Other named sounds—“Julia,” “Train,” “Whistle,” “Slow Down”—decorate NOAA’s catalog of oddities captured by SOSUS-derived hydrophone networks and later acoustic arrays. Many now have plausible geophysical explanations, from seafloor volcanism to drifting, cracking ice. The fun lies in the hunt: low-frequency waves travel astonishing distances in the SOFAR channel, turning the ocean into a global echo chamber where a single event can ring hundreds, even thousands, of kilometers away.
Northern Lights that allegedly crackle on cold, calm nights
Ask aurora chasers and you’ll hear stories of faint crackles or hiss under vivid displays. Skeptics note the aurora occurs 80–300 km up, so ordinary sound couldn’t travel to the ground. Yet in 2012, Finnish researcher Unto Laine recorded sharp popping sounds during geomagnetic storms and proposed they were near-ground electrical discharges forming under temperature inversions—roughly tens of meters above listeners—triggered by strong geomagnetic activity.

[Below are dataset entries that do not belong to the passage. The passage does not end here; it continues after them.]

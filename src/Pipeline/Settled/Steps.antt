-- ===== src/Pipeline/Settled/Steps.antt =====
-- Each part of a step settles the execution that it is about.
use helve.Base.{
  ℕ, ◌+◌, ◌≡◌, refl, sym, String, Bool, true, false, Option, none, some, [], ◌∷◌, if◌then◌else◌,
  Text, codes, arith, Bool-cases, Option-cases, inl, inr, subst, ltb,
}
use helve.Base.Dict.{get}
use helve.Pipeline.{
  Node, Chain, GateResult, coerce_gate_result, Fallback, node_gate_failed, NodeResult, World,
  Machine, Stage, emit, gate_failed, skill_end, done, blocks, SkillStatus, error, blocked, passed,
  because, execution_error, gate_unavailable, commit, retract, backtrack, gate_result,
}
use helve.Pipeline.Guard.{Action, switch, record_failure}
use helve.Pipeline.Loop.Parts.{
  with_fallback, with_hint, hinted, clear_checkpoint, save_checkpoint, commit_output,
  evict_outputs_at_or_after, index_of, drop_fallback, drop_fallbacks_from,
}
use helve.Pipeline.Loop.{
  crash, gate_unavailable_events, block, to_target, switch_back, act, escalate, gate_fails,
  gate_passes, is_pass, decided, check_node,
}
use helve.Pipeline.Settled.{
  scan, Settled, Open, SettledStage, emit-Settled, emit-Open, retract-Settled, commit-Settled,
}

-- Clearing or saving the checkpoint, a hint and an eviction leave the events as they are.
pub clear_checkpoint-Settled :
    (w : World) (m : Machine) → Settled m → Settled (clear_checkpoint w m)
clear_checkpoint-Settled w m h = ground (arith, h)

pub save_checkpoint-Settled :
    (w : World) (node : Node) (a : Bool) (m : Machine)
    → Settled m
    → Settled (save_checkpoint w node a m)
save_checkpoint-Settled w node a m h = ground (arith, h)

pub hinted-Settled : (o : Option Text) (m : Machine) → Settled m → Settled (hinted o m)
hinted-Settled none m h = h
hinted-Settled (some []) m h = h
hinted-Settled (some (c ∷ t)) m h = h

pub SettledStage-by : (s t : Stage) → s ≡ t → SettledStage t → SettledStage s
SettledStage-by s t e h = subst SettledStage (sym e) h

pub SettledStage-if :
    (b : Bool) (s t : Stage) → SettledStage s → SettledStage t → SettledStage (if b then s else t)
SettledStage-if true s t h k = h
SettledStage-if false s t h k = k

pub crash-Settled :
    (w : World) (node : Node) (p : ℕ) (o : Bool) (m : Machine)
    → Open p o m
    → SettledStage (crash w node p m)
unfolding scan
crash-Settled w node p o m h =
    clear_checkpoint-Settled w
      (emit (retract p execution_error ∷ skill_end node.skill_name error ∷ []) m)
      (retract-Settled (skill_end node.skill_name error ∷ []) m p execution_error o (λ s. refl) h)

pub unavailable-Settled :
    (node : Node) (p : ℕ) (o : Bool) (reason : Text) (m : Machine)
    → Open p o m
    → SettledStage (gate_unavailable_events node p reason m)
unfolding scan
unavailable-Settled node p o reason m h =
    retract-Settled (gate_failed reason ∷ skill_end node.skill_name error ∷ done ∷ []) m p
      gate_unavailable o (λ s. refl) h

pub block-Settled :
    (w : World) (node : Node) (reason : Text) (m : Machine)
    → Settled m
    → SettledStage (block w node reason m)
unfolding scan
block-Settled w node reason m h =
    emit-Settled (skill_end node.skill_name blocked ∷ blocks node.skill_name reason ∷ done ∷ [])
      (clear_checkpoint w m) (λ s. refl) (clear_checkpoint-Settled w m h)

pub to_target-Settled :
    (node : Node) (target : String) (g : GateResult) (i : ℕ) (m : Machine)
    → Settled m
    → SettledStage (to_target node target g i m)
unfolding scan evict_outputs_at_or_after
to_target-Settled node target g i m h =
    let cut : Machine = record (evict_outputs_at_or_after i m) {
      fallback_reasons = drop_fallbacks_from i m.fallback_reasons;
    } in
    emit-Settled (backtrack node.skill_name target g.reason ∷ []) (hinted g.retry_hint cut)
      (λ s. refl) (hinted-Settled g.retry_hint cut h)

pub switch_back-Settled :
    (w : World) (chain : Chain) (node : Node) (g : GateResult) (target : String) (m : Machine)
    → Settled m
    → SettledStage (switch_back w chain node g target m)
unfolding switch_back
switch_back-Settled w chain node g target m h = elim (Bool-cases (ltb 5 m.backtrack_count)) [
  | inl b ↦
      SettledStage-by _ (block w node (codes "max backtracks") m) (ground (arith, b))
        (block-Settled w node (codes "max backtracks") m h)
  | inr b ↦ elim (Option-cases (index_of target 0 chain.nodes)) [
    | inl e ↦
        SettledStage-by _ (block w node (codes "backtrack target not found") m)
          (ground (arith, b, e)) (block-Settled w node (codes "backtrack target not found") m h)
    | inr (i, e) ↦
        SettledStage-by _ (to_target node target g i m) (ground (arith, b, e))
          (to_target-Settled node target g i m h)
  ]
]

pub act-Settled :
    (w : World) (chain : Chain) (node : Node) (g : GateResult) (a : Action) (t : Option String)
    (m : Machine)
    → Settled m
    → SettledStage (act w chain node g a t m)
unfolding scan
act-Settled w chain node g Action.blocked t m h = block-Settled w node g.reason m h
act-Settled w chain node g switch none m h = block-Settled w node g.reason m h
act-Settled w chain node g switch (some target) m h =
    switch_back-Settled w chain node g target (record m { backtrack_count = m.backtrack_count + 1 })
      h
act-Settled w chain node g Action.retry t m h =
    emit-Settled (skill_end node.skill_name SkillStatus.retry ∷ []) (hinted g.retry_hint m)
      (λ s. refl) (hinted-Settled g.retry_hint m h)

pub escalate-Settled :
    (w : World) (chain : Chain) (node : Node) (g : GateResult) (m : Machine)
    → Settled m
    → SettledStage (escalate w chain node g m)
unfolding escalate
escalate-Settled w chain node g m h =
    let r = record_failure node.skill_name m.attempts in
    act-Settled w chain node g r.0 (get node.skill_name chain.backtrack_map)
      (record m { attempts = r.1 }) h

pub gate_fails-Settled :
    (w : World) (chain : Chain) (node : Node) (p : ℕ) (o : Bool) (f : Option Fallback)
    (g : GateResult) (m : Machine)
    → Open p o m
    → SettledStage (gate_fails w chain node p f g m)
unfolding scan
gate_fails-Settled w chain node p o none g m h =
    let failed : Machine =
      with_fallback (node_gate_failed g.reason) (emit (retract p (because g.reason) ∷ []) m) in
    emit-Settled (skill_end node.skill_name SkillStatus.retry ∷ []) (hinted g.retry_hint failed)
      (λ s. refl)
      (hinted-Settled g.retry_hint failed
        (retract-Settled [] m p (because g.reason) o (λ s. refl) h))
gate_fails-Settled w chain node p o (some f) g m h =
    escalate-Settled w chain node g (emit (retract p (because g.reason) ∷ []) m)
      (retract-Settled [] m p (because g.reason) o (λ s. refl) h)

pub gate_passes-Settled :
    (w : World) (node : Node) (p : ℕ) (o : Bool) (r : NodeResult) (m : Machine)
    → Open p o m
    → SettledStage (gate_passes w node p r m)
unfolding scan
gate_passes-Settled w node p o r m h =
    let committed : Machine =
      commit_output node r.text r.was_provisional (emit (commit p ∷ []) m) in
    let dropped : Machine = record committed {
      fallback_reasons = drop_fallback m.node_idx m.fallback_reasons;
    } in
    emit-Settled (skill_end node.skill_name passed ∷ []) (save_checkpoint w node false dropped)
      (λ s. refl)
      (save_checkpoint-Settled w node false dropped (commit-Settled [] m p o (λ s. refl) h))

pub decided-Settled :
    (w : World) (chain : Chain) (node : Node) (p : ℕ) (o : Bool) (f : Option Fallback)
    (r : NodeResult) (g : GateResult) (m : Machine)
    → Open p o m
    → SettledStage (decided w chain node p f r g m)
decided-Settled w chain node p o f r g m h =
    SettledStage-if g.infra_failure (gate_unavailable_events node p g.reason m) _
      (unavailable-Settled node p o g.reason m h)
      (SettledStage-if (is_pass g.verdict) (gate_passes w node p r m)
        (gate_fails w chain node p f g m) (gate_passes-Settled w node p o r m h)
        (gate_fails-Settled w chain node p o f g m h))

pub check_node-Settled :
    (w : World) (chain : Chain) (node : Node) (p : ℕ) (o : Bool) (f : Option Fallback)
    (r : NodeResult) (m : Machine)
    → Open p o m
    → SettledStage (check_node w chain node p f r m)
unfolding check_node scan
check_node-Settled w chain node p o f r m h =
    let clean : Machine = with_hint none m in
    elim (Option-cases (coerce_gate_result (w.node_check p r.text clean.context))) [
      | inl e ↦
          SettledStage-by _ (crash w node p clean) (ground (arith, e))
            (crash-Settled w node p o clean h)
      | inr (g, e) ↦
          let judged : Machine = emit (gate_result node.skill_name g.verdict g.reason ∷ []) clean in
          SettledStage-by _ (decided w chain node p f r g judged) (ground (arith, e)) (
            decided-Settled w chain node p o f r g judged (
              emit-Open (gate_result node.skill_name g.verdict g.reason ∷ []) clean p o (λ s. refl)
                h))
    ]
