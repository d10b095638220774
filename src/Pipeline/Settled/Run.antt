-- ===== src/Pipeline/Settled/Run.antt =====
-- A whole run settles every execution's provisional text.
use helve.Base.{
  ℕ, zero, suc, ◌≡◌, refl, String, Bool, true, false, ◌&&◌, not, Option, none, some, List, [], ◌∷◌,
  Text, codes, arith, Bool-cases, Option-cases, inl, inr, ◌==◌, ltb, get_elem?,
}
use helve.Base.Dict.{Dict}
use helve.Pipeline.{
  Node, NodeRun, Chain, GateResult, Fallback, NodeResult, StreamEvent, text_delta, raw_response,
  tool_call_result, World, Machine, Point, outer, inner, Stage, goes_on, returned, crashed, emit,
  skill_end, done, because, rubric_retry, execution_error, awaiting, reply, awaiting_input, commit,
  retract, skill_start,
}
use helve.Pipeline.Pause.{without, rstrip, is_budget_message}
use helve.Pipeline.Collect.{streamed, no_result, collected}
use helve.Pipeline.Loop.Parts.{
  noted_fallback, with_hint, clear_checkpoint, save_checkpoint, commit_output, fallback_for,
  fallback_at, first_reason, truthy,
}
use helve.Pipeline.Loop.{
  crash, gate_unavailable_events, block, is_pass, check_node, check_base_gates, base_fails,
  base_decided, or_empty, check_base, pause, evidence_events, judge, notice, unfinished, broken,
  take_result, with_run, asked, run_node, attempt_node, finish, enter, at_node, step, run,
  awaits_user, end_status, is_dedicated, skips, max_attempts, last_output, final_reply,
}
use helve.Pipeline.Settled.{
  at, scan, scan-append, Settled, Open, SettledStage, Quiet, emit-Settled, emit-Open,
  retract-Settled, commit-Settled,
}
use helve.Pipeline.Settled.Steps.{
  clear_checkpoint-Settled, save_checkpoint-Settled, SettledStage-by, SettledStage-if,
  crash-Settled, unavailable-Settled, block-Settled, check_node-Settled,
}

base_fails-Settled :
    (p : ℕ) (o : Bool) (attempt : ℕ) (f : Option Fallback) (g : GateResult) (m : Machine)
    → Open p o m
    → SettledStage (base_fails p attempt f g m)
unfolding scan
base_fails-Settled p o attempt none g m h =
    retract-Settled [] (with_hint (some (or_empty g.retry_hint)) m) p rubric_retry o (λ s. refl) h
base_fails-Settled p o attempt (some f) g m h =
    retract-Settled [] (with_hint (some (or_empty g.retry_hint)) m) p rubric_retry o (λ s. refl) h

base_decided-Settled :
    (w : World) (chain : Chain) (node : Node) (p : ℕ) (o : Bool) (attempt : ℕ) (f : Option Fallback)
    (r : NodeResult) (g : GateResult) (m : Machine)
    → Open p o m
    → SettledStage (base_decided w chain node p attempt f r g m)
base_decided-Settled w chain node p o attempt f r g m h =
    SettledStage-if g.infra_failure (gate_unavailable_events node p g.reason m) _
      (unavailable-Settled node p o g.reason m h)
      (SettledStage-if (is_pass g.verdict) (check_node w chain node p f r m)
        (base_fails p attempt f g m) (check_node-Settled w chain node p o f r m h)
        (base_fails-Settled p o attempt f g m h))

check_base-Settled :
    (w : World) (chain : Chain) (node : Node) (p : ℕ) (o : Bool) (attempt : ℕ) (f : Option Fallback)
    (r : NodeResult) (m : Machine)
    → Open p o m
    → SettledStage (check_base w chain node p attempt f r m)
unfolding check_base
check_base-Settled w chain node p o attempt f r m h = elim (Bool-cases (chain.base_gates == 0)) [
  | inl b ↦
      SettledStage-by _ (check_node w chain node p f r m) (ground (arith, b))
        (check_node-Settled w chain node p o f r m h)
  | inr b ↦ elim (Option-cases (check_base_gates w p r.text m.context 0 chain.base_gates)) [
    | inl e ↦
        SettledStage-by _ (crash w node p m) (ground (arith, b, e)) (crash-Settled w node p o m h)
    | inr (g, e) ↦
        SettledStage-by _ (base_decided w chain node p attempt f r g m) (ground (arith, b, e))
          (base_decided-Settled w chain node p o attempt f r g m h)
  ]
]

pause-Settled :
    (w : World) (node : Node) (p : ℕ) (o : Bool) (r : NodeResult) (m : Machine)
    → Open p o m
    → SettledStage (pause w node p r m)
unfolding scan
pause-Settled w node p o r m h =
    let visible = rstrip (without node.await_user_input_marker r.text) in
    let committed : Machine =
      commit_output node visible r.was_provisional (emit (commit p ∷ []) m) in
    emit-Settled
      (skill_end node.skill_name awaiting_input
        ∷ reply visible r.was_provisional
        ∷ awaiting node.skill_name
        ∷ done
        ∷ [])
      (save_checkpoint w node true committed) (λ s. refl)
      (save_checkpoint-Settled w node true committed (commit-Settled [] m p o (λ s. refl) h))

evidence-Quiet : (node : Node) (evidence : List Text) → Quiet (evidence_events node evidence)
unfolding scan
evidence-Quiet node [] s = refl
evidence-Quiet node (e ∷ evidence) s = refl

judge-Settled :
    (w : World) (chain : Chain) (node : Node) (p : ℕ) (o : Bool) (attempt : ℕ) (f : Option Fallback)
    (r : NodeResult) (m : Machine)
    → Open p o m
    → SettledStage (judge w chain node p attempt f r m)
unfolding judge
judge-Settled w chain node p o attempt f r m h =
    let noted : Machine = emit (evidence_events node r.evidence) m in
    SettledStage-if (awaits_user node r.text) (pause w node p r m)
      (check_base w chain node p attempt f r noted) (pause-Settled w node p o r m h)
      (check_base-Settled w chain node p o attempt f r noted
        (emit-Open (evidence_events node r.evidence) m p o (evidence-Quiet node r.evidence) h))

notice-Quiet : (text : Text) → Quiet (notice text)
unfolding scan
notice-Quiet text s = elim (Bool-cases (is_budget_message text)) [
  | inl b ↦ ground (arith, b)
  | inr b ↦ ground (arith, b)
]

unfinished-Settled :
    (w : World) (node : Node) (p : ℕ) (o : Bool) (here : Point) (f : Option Fallback)
    (reason : Text) (r : NodeResult) (m : Machine)
    → Open p o m
    → SettledStage (unfinished w node p here f reason r m)
unfolding scan
unfinished-Settled w node p o here none reason r m h =
    retract-Settled [] m p (because reason) o (λ s. refl) h
unfinished-Settled w node p o here (some f) reason r m h =
    let told : Machine = emit (retract p (because reason) ∷ notice r.text) m in
    emit-Settled (skill_end node.skill_name (end_status (truthy r.incomplete_reason)) ∷ done ∷ [])
      (clear_checkpoint w told) (λ s. refl)
      (clear_checkpoint-Settled w told
        (retract-Settled (notice r.text) m p (because reason) o (notice-Quiet r.text) h))

broken-Settled :
    (w : World) (node : Node) (p : ℕ) (o : Bool) (here : Point) (f : Option Fallback) (m : Machine)
    → Open p o m
    → SettledStage (broken w node p here f m)
unfolding scan
broken-Settled w node p o here none m h = retract-Settled [] m p execution_error o (λ s. refl) h
broken-Settled w node p o here (some f) m h = crash-Settled w node p o m h

take_result-Settled :
    (w : World) (chain : Chain) (node : Node) (p : ℕ) (o : Bool) (attempt : ℕ) (last : Text)
    (f : Option Fallback) (ends : Bool) (r : NodeResult) (m : Machine)
    → Open p o m
    → SettledStage (take_result w chain node p attempt last f ends r m)
unfolding take_result
take_result-Settled w chain node p o attempt last f false r m h =
    broken-Settled w node p o (inner attempt last) f m h
take_result-Settled w chain node p o attempt last f true r m h =
    elim (Option-cases (first_reason r.failed_reason r.incomplete_reason)) [
      | inl e ↦
          SettledStage-by _ (judge w chain node p attempt f r m) (ground (arith, e))
            (judge-Settled w chain node p o attempt f r m h)
      | inr (reason, e) ↦
          SettledStage-by _ (unfinished w node p (inner attempt last) f reason r m)
            (ground (arith, e)) (unfinished-Settled w node p o (inner attempt last) f reason r m h)
    ]

-- The streamed events of an execution are its own.
streamed-scan :
    (p : ℕ) (suppress o : Bool) (stream : List StreamEvent)
    → (o2 : Bool) × (scan (streamed p suppress stream) (at o p) ≡ at o2 p)
unfolding streamed scan
streamed-scan p suppress o [] = (o, refl)
streamed-scan p suppress o (text_delta t ∷ stream) = streamed-scan p suppress o stream
streamed-scan p suppress o (raw_response none ∷ stream) = streamed-scan p suppress o stream
streamed-scan p suppress o (raw_response (some []) ∷ stream) = streamed-scan p suppress o stream
streamed-scan p suppress o (raw_response (some (c ∷ t)) ∷ stream) =
    let (o2, h) = streamed-scan p suppress true stream in (o2, ground (arith, h))
streamed-scan p suppress o (tool_call_result t ∷ stream) = streamed-scan p suppress o stream
streamed-scan p true o (StreamEvent.incomplete t ∷ stream) = streamed-scan p true o stream
streamed-scan p false o (StreamEvent.incomplete t ∷ stream) = streamed-scan p false o stream
streamed-scan p true o (StreamEvent.failed t ∷ stream) = streamed-scan p true o stream
streamed-scan p false o (StreamEvent.failed t ∷ stream) = streamed-scan p false o stream
streamed-scan p suppress o (StreamEvent.other ∷ stream) = streamed-scan p suppress o stream

noted_fallback-Open :
    (f : Option Fallback) (p : ℕ) (o : Bool) (m : Machine)
    → Open p o m
    → Open p o (noted_fallback f m)
noted_fallback-Open none p o m h = h
noted_fallback-Open (some f) p o m h = h

with_run-Settled :
    (w : World) (chain : Chain) (node : Node) (p attempt : ℕ) (last : Text) (f : Option Fallback)
    (run : NodeRun) (m : Machine)
    → Open p false m
    → SettledStage (with_run w chain node p attempt last f run m)
with_run-Settled w chain node p attempt last f run m (h, k) =
    let events = streamed p (is_dedicated f) run.stream in
    let (o, e) = streamed-scan p (is_dedicated f) false run.stream in
    take_result-Settled w chain node p o attempt last f run.ends (collected no_result run.stream)
      (emit events m) (ground (arith, scan-append m.events events (at false 0), h, e), k)

attempt_node-Settled :
    (w : World) (chain : Chain) (node : Node) (attempt : ℕ) (last : Text) (m : Machine)
    → Settled m
    → SettledStage (attempt_node w chain node attempt last m)
unfolding attempt_node
attempt_node-Settled w chain node attempt last m h =
    let f = fallback_for w node.skill_name (fallback_at m.node_idx m.fallback_reasons) in
    let started : Machine = noted_fallback f (record m { serial = suc m.serial }) in
    let opened =
      noted_fallback-Open f m.serial false (record m { serial = suc m.serial }) (h, refl) in
    SettledStage-if (node.has_allowed_tools && not w.can_scope) (crash w node m.serial started)
      (run_node w chain node m.serial attempt last f started)
      (crash-Settled w node m.serial false started opened)
      (with_run-Settled w chain node m.serial attempt last f
        (w.execute m.serial (asked node attempt f started)) started opened)

final_reply-Quiet : (o : Option (String × Text)) (d : Dict Bool) → Quiet (final_reply o d)
unfolding scan
final_reply-Quiet none d s = refl
final_reply-Quiet (some (skill, t)) d s = refl

finish-Settled :
    (w : World) (chain : Chain) (m : Machine) → Settled m → SettledStage (finish w chain m)
unfolding finish scan
finish-Settled w chain m h =
    let es =
      final_reply (last_output chain.nodes m.context.outputs) m.committed_provisional_output in
    emit-Settled (done ∷ []) (clear_checkpoint w (emit es m)) (λ s. refl)
      (clear_checkpoint-Settled w (emit es m) (
        emit-Settled es m
          (final_reply-Quiet (last_output chain.nodes m.context.outputs)
            m.committed_provisional_output)
          h))

enter-Settled : (w : World) (node : Node) (m : Machine) → Settled m → SettledStage (enter node m)
unfolding scan
enter-Settled w node m h =
    SettledStage-if (skips node.condition m.context)
      (goes_on outer (record (with_hint none m) { node_idx = suc m.node_idx }))
      (goes_on (inner 0 (codes "base gate failed"))
        (emit (skill_start node.skill_name m.node_idx ∷ []) m))
      h (emit-Settled (skill_start node.skill_name m.node_idx ∷ []) m (λ s. refl) h)

at_node-Settled :
    (w : World) (chain : Chain) (point : Point) (node : Node) (m : Machine)
    → Settled m
    → SettledStage (at_node w chain point node m)
at_node-Settled w chain outer node m h = enter-Settled w node m h
at_node-Settled w chain (inner attempt last) node m h =
    SettledStage-if (ltb attempt (max_attempts chain)) (attempt_node w chain node attempt last m)
      (block w node last (with_hint none m)) (attempt_node-Settled w chain node attempt last m h)
      (block-Settled w node last (with_hint none m) h)

pub step-Settled :
    (w : World) (chain : Chain) (point : Point) (m : Machine)
    → Settled m
    → SettledStage (step w chain point m)
unfolding step
step-Settled w chain point m h = elim (Option-cases (get_elem? chain.nodes m.node_idx)) [
  | inl e ↦ SettledStage-by _ (finish w chain m) (ground (arith, e)) (finish-Settled w chain m h)
  | inr (node, e) ↦
      SettledStage-by _ (at_node w chain point node m) (ground (arith, e))
        (at_node-Settled w chain point node m h)
]

pub run-Settled :
    (w : World) (chain : Chain) (fuel : ℕ) (stage : Stage)
    → SettledStage stage
    → SettledStage (run w chain fuel stage)
unfolding run
run-Settled w chain zero stage h = h
run-Settled w chain (suc fuel) (goes_on point m) h =
    run-Settled w chain fuel (step w chain point m) (step-Settled w chain point m h)
run-Settled w chain (suc fuel) (returned ending m) h = h
run-Settled w chain (suc fuel) (crashed m) h = h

The idea remains debated, but the recordings exist, and field reports persist from Alaska to Scandinavia. If the mechanism holds, the aurora wouldn’t be “sounding” directly; instead, it would be nudging conditions that allow localized static discharges to snap and hiss nearby. Either way, the recipe seems to require calm, very cold nights and active geomagnetic conditions—a perfect excuse to bundle up, look skyward, and listen as the night air maybe, just maybe, whispers back.